# Exercise instructions
Going line by line through the listing below, count each line that includes the word "pure", and reply with the count only.
================================
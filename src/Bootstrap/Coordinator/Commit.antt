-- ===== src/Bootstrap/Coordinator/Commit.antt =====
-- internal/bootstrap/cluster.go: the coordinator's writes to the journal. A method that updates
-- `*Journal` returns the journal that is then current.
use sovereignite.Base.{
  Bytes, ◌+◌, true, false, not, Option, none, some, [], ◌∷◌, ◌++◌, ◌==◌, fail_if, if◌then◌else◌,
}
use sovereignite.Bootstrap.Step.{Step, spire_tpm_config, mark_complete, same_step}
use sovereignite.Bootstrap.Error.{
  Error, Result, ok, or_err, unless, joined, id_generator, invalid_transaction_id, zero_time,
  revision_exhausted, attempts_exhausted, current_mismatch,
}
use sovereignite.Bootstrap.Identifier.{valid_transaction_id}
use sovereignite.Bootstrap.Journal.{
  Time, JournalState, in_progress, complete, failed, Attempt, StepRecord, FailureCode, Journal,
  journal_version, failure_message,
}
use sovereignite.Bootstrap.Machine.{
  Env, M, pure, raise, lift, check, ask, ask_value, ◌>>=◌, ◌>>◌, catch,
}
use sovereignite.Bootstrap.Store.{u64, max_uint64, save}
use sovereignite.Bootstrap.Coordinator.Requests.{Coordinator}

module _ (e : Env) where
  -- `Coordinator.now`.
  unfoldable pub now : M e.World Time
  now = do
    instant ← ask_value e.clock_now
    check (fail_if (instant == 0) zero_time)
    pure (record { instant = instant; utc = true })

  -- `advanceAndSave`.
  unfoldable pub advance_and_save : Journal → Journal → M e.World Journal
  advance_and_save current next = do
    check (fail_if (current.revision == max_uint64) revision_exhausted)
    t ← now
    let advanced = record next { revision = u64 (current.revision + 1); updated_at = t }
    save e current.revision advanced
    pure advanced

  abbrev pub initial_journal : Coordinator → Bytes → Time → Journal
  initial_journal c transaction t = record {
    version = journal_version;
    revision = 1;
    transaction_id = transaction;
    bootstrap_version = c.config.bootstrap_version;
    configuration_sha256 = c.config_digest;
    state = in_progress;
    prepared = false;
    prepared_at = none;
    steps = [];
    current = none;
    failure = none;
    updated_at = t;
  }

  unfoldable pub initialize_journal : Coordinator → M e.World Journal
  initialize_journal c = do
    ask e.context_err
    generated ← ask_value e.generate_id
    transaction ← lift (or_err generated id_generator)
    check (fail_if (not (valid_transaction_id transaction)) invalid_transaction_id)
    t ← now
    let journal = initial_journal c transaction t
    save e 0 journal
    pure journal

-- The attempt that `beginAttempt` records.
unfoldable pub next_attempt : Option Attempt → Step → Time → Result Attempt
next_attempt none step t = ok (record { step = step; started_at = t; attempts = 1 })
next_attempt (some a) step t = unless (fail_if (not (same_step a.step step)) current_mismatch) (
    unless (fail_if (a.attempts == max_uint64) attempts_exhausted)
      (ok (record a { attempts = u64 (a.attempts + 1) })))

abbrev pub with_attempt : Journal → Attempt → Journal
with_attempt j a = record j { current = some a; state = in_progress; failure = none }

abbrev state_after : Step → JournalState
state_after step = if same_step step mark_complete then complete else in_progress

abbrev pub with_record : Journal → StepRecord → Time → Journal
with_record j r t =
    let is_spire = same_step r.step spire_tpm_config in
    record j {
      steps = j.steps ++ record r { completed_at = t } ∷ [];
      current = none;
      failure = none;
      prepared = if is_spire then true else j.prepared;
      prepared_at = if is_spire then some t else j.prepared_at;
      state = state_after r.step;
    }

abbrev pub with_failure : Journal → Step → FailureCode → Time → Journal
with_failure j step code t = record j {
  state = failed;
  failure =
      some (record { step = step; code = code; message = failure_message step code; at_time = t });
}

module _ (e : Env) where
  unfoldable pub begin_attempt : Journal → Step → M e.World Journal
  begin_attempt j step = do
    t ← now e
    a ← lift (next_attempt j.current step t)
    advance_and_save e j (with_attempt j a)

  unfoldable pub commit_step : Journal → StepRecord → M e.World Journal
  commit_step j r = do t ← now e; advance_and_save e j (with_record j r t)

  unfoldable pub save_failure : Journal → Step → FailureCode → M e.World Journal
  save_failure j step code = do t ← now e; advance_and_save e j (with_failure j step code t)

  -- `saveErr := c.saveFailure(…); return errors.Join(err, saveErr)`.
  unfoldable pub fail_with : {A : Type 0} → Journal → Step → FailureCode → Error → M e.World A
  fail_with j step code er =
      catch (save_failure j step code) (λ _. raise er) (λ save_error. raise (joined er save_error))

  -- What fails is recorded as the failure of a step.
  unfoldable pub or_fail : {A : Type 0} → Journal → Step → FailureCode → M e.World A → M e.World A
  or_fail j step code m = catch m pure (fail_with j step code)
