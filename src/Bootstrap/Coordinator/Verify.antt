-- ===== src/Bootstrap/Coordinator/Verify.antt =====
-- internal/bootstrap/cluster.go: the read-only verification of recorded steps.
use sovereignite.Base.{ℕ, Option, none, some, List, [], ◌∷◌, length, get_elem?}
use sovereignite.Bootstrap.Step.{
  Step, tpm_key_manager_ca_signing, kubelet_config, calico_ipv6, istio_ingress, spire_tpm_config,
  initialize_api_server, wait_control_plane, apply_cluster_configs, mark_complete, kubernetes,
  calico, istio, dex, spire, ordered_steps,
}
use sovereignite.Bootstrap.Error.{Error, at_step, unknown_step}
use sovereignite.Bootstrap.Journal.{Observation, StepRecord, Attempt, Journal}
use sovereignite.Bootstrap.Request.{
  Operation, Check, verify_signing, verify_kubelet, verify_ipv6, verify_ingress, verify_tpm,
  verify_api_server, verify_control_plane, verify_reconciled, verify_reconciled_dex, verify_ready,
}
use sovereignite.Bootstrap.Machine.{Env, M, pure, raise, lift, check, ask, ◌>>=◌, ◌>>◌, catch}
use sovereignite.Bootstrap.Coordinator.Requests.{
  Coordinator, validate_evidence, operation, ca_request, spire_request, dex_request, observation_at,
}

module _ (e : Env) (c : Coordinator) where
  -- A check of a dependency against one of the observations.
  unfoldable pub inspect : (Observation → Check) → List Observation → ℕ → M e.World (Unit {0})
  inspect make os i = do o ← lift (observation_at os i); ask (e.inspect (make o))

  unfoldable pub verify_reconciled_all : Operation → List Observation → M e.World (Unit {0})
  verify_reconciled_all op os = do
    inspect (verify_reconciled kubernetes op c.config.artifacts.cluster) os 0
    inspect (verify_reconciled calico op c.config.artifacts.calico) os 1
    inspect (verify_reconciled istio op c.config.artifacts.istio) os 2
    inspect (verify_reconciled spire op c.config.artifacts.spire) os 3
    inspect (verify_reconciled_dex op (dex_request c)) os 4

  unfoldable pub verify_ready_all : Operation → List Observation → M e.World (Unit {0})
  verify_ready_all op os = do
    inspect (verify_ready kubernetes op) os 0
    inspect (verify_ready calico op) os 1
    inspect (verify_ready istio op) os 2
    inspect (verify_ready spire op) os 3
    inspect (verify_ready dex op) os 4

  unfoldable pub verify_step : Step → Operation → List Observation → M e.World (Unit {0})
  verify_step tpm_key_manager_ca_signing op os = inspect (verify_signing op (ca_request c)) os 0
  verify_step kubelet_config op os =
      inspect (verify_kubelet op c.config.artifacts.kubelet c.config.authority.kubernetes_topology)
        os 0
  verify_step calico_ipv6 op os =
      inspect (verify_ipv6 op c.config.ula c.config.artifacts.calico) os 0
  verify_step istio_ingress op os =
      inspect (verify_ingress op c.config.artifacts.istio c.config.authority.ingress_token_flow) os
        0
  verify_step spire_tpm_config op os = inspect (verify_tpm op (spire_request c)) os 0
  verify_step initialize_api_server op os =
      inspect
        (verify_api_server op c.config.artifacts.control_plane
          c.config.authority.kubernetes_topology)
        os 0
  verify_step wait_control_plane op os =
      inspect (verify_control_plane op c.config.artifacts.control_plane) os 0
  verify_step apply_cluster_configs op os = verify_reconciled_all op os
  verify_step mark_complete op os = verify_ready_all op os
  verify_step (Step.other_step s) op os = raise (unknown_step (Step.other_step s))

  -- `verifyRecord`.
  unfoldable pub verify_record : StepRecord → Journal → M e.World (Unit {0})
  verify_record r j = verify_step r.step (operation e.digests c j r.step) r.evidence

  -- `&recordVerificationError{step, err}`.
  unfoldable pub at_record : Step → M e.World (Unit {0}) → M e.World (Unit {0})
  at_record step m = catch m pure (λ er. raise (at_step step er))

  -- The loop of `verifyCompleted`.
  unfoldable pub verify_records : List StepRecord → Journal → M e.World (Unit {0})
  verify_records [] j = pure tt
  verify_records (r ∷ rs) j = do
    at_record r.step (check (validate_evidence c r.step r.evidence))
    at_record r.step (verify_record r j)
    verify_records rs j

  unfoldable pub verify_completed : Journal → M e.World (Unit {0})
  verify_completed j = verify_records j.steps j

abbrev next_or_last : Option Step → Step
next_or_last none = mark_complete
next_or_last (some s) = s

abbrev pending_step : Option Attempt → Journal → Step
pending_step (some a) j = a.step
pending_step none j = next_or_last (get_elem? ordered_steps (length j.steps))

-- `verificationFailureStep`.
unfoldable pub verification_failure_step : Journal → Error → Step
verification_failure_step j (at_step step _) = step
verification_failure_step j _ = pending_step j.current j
================================
# Answer area
8